--- Data for this exercise Enclosed Below ---
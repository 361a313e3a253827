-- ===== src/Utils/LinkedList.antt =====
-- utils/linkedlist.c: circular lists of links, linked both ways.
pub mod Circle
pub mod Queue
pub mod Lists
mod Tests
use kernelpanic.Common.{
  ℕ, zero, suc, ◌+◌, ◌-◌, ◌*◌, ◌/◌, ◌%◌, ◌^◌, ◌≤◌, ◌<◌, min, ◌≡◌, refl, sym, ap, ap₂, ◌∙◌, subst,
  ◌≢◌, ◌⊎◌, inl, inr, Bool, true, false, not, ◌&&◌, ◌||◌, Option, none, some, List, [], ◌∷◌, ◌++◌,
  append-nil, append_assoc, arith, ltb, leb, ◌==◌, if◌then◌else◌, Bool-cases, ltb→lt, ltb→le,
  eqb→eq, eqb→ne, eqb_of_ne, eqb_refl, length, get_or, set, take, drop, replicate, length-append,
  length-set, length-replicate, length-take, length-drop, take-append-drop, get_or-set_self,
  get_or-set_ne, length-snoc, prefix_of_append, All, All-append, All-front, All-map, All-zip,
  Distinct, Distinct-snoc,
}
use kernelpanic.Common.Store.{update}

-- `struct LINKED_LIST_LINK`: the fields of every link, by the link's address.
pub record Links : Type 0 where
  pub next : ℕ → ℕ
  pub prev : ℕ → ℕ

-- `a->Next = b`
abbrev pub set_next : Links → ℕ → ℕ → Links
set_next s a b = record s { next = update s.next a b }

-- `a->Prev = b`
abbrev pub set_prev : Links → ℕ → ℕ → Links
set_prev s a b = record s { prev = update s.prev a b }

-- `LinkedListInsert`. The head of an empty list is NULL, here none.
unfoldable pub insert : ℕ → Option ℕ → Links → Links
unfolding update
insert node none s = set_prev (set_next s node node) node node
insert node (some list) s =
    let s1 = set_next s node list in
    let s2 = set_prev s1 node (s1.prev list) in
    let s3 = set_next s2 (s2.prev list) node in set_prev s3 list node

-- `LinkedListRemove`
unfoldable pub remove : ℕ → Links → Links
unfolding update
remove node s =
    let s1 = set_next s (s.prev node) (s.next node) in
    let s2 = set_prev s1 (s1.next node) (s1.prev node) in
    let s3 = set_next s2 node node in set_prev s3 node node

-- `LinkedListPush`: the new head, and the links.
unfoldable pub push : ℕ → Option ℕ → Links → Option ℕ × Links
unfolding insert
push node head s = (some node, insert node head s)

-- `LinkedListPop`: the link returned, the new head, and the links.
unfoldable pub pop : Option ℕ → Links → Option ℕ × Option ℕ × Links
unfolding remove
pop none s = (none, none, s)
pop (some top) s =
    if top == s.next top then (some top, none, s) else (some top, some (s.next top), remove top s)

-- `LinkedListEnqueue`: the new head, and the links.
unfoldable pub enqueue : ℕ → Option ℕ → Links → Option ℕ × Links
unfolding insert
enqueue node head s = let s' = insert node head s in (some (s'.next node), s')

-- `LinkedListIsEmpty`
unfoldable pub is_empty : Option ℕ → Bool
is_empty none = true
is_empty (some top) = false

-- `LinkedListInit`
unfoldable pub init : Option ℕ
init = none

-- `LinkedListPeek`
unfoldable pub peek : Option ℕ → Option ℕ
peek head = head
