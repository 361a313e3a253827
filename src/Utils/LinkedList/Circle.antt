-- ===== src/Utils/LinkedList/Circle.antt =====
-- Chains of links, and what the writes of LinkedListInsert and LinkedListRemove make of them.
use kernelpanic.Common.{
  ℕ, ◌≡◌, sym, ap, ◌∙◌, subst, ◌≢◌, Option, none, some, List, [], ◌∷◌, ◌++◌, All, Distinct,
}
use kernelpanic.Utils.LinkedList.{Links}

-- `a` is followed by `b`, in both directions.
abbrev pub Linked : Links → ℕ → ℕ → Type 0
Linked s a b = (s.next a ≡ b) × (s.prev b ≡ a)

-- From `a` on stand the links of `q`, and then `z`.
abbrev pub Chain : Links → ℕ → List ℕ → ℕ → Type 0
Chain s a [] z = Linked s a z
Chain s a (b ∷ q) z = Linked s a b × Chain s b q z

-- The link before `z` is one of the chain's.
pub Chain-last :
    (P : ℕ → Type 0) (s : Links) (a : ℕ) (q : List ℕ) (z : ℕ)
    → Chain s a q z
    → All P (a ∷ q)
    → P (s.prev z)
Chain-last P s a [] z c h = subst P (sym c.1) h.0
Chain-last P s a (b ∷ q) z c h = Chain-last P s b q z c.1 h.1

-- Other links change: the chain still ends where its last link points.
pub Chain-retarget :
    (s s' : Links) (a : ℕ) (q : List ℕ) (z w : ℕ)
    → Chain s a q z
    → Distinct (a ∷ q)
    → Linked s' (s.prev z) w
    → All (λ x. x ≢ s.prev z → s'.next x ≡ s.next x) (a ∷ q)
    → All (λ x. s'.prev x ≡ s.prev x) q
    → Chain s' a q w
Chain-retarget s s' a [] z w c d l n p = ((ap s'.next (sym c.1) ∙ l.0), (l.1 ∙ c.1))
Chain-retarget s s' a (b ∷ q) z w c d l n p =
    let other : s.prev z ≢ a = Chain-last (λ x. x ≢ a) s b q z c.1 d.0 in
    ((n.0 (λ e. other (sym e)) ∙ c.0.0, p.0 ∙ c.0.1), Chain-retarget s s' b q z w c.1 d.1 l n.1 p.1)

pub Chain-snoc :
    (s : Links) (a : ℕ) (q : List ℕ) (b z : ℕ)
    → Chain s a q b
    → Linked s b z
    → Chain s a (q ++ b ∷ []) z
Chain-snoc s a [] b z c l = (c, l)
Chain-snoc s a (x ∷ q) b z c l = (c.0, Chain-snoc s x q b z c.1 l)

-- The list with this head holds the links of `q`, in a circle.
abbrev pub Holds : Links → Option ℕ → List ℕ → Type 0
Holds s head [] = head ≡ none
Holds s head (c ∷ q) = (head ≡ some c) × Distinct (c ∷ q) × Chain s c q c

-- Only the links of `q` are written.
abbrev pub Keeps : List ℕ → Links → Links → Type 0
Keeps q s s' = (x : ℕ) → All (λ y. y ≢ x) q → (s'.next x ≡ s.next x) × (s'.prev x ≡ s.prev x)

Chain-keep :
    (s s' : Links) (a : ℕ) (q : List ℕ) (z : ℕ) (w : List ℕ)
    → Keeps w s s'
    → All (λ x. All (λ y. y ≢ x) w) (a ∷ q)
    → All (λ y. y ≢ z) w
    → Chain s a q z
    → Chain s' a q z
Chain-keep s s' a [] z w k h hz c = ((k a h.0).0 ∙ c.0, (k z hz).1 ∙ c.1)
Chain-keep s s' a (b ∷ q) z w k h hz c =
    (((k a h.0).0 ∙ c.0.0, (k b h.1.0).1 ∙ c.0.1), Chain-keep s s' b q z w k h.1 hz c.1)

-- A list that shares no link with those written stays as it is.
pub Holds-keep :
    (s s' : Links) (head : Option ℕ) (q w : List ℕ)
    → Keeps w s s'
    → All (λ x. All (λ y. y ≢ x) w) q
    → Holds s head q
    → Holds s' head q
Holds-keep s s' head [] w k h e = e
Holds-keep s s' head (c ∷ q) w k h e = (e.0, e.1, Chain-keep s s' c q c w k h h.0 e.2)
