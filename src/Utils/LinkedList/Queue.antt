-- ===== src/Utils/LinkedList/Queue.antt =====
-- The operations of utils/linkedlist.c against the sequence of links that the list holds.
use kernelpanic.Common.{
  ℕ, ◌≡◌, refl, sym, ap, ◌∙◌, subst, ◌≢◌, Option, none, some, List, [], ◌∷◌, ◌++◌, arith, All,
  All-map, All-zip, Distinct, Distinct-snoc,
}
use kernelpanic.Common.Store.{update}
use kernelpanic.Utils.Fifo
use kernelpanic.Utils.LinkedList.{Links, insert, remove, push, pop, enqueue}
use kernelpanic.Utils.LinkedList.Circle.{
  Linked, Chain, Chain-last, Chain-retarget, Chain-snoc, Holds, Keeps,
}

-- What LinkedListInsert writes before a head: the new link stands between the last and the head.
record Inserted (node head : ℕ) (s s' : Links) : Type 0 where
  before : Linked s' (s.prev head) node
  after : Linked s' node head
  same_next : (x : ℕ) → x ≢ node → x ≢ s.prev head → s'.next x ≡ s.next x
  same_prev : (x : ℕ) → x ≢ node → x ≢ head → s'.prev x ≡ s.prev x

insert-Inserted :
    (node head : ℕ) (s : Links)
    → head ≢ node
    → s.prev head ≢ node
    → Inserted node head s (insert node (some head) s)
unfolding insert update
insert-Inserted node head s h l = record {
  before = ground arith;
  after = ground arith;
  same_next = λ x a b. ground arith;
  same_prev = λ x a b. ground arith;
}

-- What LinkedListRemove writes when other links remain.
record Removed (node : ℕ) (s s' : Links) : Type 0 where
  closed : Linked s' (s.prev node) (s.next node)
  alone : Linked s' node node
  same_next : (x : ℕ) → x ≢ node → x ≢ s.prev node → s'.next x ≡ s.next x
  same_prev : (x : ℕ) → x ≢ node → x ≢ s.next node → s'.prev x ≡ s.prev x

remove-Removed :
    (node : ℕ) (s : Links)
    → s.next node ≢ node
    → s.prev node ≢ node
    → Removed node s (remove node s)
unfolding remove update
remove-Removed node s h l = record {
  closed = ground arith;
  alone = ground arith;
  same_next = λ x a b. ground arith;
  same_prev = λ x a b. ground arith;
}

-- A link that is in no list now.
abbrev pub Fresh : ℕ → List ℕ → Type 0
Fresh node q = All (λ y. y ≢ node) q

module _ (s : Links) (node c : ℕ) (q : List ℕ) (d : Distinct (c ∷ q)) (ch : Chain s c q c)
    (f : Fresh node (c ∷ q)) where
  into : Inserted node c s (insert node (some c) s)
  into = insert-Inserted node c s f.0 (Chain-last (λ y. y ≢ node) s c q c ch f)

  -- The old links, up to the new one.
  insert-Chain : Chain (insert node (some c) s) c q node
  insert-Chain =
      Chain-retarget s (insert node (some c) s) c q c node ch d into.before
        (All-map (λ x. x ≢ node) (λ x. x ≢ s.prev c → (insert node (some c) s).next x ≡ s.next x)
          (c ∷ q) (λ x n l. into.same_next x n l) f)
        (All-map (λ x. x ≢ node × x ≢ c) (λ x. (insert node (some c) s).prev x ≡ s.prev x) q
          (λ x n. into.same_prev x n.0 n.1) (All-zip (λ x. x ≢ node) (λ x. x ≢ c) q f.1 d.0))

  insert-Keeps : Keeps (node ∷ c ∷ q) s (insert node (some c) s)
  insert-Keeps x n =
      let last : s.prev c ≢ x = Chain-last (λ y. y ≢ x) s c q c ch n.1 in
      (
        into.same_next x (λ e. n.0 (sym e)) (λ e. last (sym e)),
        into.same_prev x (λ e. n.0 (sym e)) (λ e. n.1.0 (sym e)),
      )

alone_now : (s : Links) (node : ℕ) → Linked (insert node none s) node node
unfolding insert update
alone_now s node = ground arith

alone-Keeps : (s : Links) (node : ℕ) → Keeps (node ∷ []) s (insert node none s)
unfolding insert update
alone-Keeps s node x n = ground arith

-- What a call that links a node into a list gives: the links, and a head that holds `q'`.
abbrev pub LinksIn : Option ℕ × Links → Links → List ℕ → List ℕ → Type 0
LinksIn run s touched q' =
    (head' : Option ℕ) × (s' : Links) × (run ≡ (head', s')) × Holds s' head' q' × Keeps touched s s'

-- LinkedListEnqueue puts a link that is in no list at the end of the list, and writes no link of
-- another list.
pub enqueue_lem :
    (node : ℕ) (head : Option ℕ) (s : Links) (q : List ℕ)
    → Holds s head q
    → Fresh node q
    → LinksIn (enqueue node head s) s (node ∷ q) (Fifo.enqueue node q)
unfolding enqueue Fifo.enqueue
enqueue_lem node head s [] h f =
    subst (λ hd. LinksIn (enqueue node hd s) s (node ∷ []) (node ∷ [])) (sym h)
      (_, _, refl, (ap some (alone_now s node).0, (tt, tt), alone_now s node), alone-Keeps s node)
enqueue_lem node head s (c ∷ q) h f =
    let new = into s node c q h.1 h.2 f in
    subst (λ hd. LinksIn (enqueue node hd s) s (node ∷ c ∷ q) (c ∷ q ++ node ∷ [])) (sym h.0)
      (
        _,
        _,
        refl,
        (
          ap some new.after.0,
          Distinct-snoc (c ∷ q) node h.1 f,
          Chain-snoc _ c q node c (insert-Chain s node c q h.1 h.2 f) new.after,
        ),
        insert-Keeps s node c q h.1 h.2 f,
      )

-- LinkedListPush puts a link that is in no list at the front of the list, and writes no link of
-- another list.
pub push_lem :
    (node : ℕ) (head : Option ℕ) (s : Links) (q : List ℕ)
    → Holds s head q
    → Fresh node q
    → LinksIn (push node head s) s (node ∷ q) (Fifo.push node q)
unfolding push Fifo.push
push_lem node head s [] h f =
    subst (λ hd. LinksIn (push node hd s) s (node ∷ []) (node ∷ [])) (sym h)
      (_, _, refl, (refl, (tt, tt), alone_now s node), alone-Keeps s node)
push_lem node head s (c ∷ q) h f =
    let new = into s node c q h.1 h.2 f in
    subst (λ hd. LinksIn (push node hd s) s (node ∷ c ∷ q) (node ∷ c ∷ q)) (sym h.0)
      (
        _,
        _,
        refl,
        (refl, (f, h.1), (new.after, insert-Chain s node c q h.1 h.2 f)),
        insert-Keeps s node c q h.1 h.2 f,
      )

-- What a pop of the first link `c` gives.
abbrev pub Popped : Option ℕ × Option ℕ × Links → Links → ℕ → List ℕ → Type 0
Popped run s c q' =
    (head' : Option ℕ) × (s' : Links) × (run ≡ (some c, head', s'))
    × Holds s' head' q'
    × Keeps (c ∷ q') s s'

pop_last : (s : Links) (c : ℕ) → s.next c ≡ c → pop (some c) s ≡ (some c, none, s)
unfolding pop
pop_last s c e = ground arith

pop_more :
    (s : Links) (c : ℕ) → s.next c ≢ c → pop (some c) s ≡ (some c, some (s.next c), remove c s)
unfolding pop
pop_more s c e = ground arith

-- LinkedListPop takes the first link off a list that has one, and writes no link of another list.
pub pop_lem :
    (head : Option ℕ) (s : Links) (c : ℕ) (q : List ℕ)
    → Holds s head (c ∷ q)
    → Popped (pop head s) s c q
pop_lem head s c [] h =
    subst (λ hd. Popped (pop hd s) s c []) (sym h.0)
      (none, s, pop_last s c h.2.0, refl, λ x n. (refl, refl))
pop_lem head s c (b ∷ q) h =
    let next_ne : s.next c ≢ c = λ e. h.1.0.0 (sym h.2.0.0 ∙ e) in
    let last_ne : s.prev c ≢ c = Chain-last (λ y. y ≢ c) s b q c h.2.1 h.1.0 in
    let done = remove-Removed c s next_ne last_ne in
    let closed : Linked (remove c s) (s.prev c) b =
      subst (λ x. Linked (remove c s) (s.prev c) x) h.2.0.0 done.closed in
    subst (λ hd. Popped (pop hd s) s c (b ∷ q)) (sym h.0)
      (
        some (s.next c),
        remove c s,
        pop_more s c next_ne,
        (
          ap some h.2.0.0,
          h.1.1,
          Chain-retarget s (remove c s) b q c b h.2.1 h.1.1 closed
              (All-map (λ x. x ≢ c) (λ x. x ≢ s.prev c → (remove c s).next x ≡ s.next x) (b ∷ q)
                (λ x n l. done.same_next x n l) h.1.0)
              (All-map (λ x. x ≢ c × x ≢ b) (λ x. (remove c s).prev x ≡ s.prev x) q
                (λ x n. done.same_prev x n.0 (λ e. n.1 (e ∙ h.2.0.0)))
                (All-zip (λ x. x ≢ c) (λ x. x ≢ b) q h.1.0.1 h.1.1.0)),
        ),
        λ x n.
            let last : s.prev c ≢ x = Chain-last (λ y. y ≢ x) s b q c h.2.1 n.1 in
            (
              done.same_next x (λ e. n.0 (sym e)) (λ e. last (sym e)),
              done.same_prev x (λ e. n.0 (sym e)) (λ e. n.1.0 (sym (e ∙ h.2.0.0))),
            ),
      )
--- End of Enclosed Data for this exercise ---
Could you return exactly the stretch of the data above that starts at the line with "insert node none s = set_prev" and ends at the line with "push node head s = (some", both lines included?

▸ Final answer
insert node none s = set_prev (set_next s node node) node node
insert node (some list) s =
    let s1 = set_next s node list in
    let s2 = set_prev s1 node (s1.prev list) in
    let s3 = set_next s2 (s2.prev list) node in set_prev s3 list node

-- `LinkedListRemove`
unfoldable pub remove : ℕ → Links → Links
unfolding update
remove node s =
    let s1 = set_next s (s.prev node) (s.next node) in
    let s2 = set_prev s1 (s1.next node) (s1.prev node) in
    let s3 = set_next s2 node node in set_prev s3 node node

-- `LinkedListPush`: the new head, and the links.
unfoldable pub push : ℕ → Option ℕ → Links → Option ℕ × Links
unfolding insert
push node head s = (some node, insert node head s)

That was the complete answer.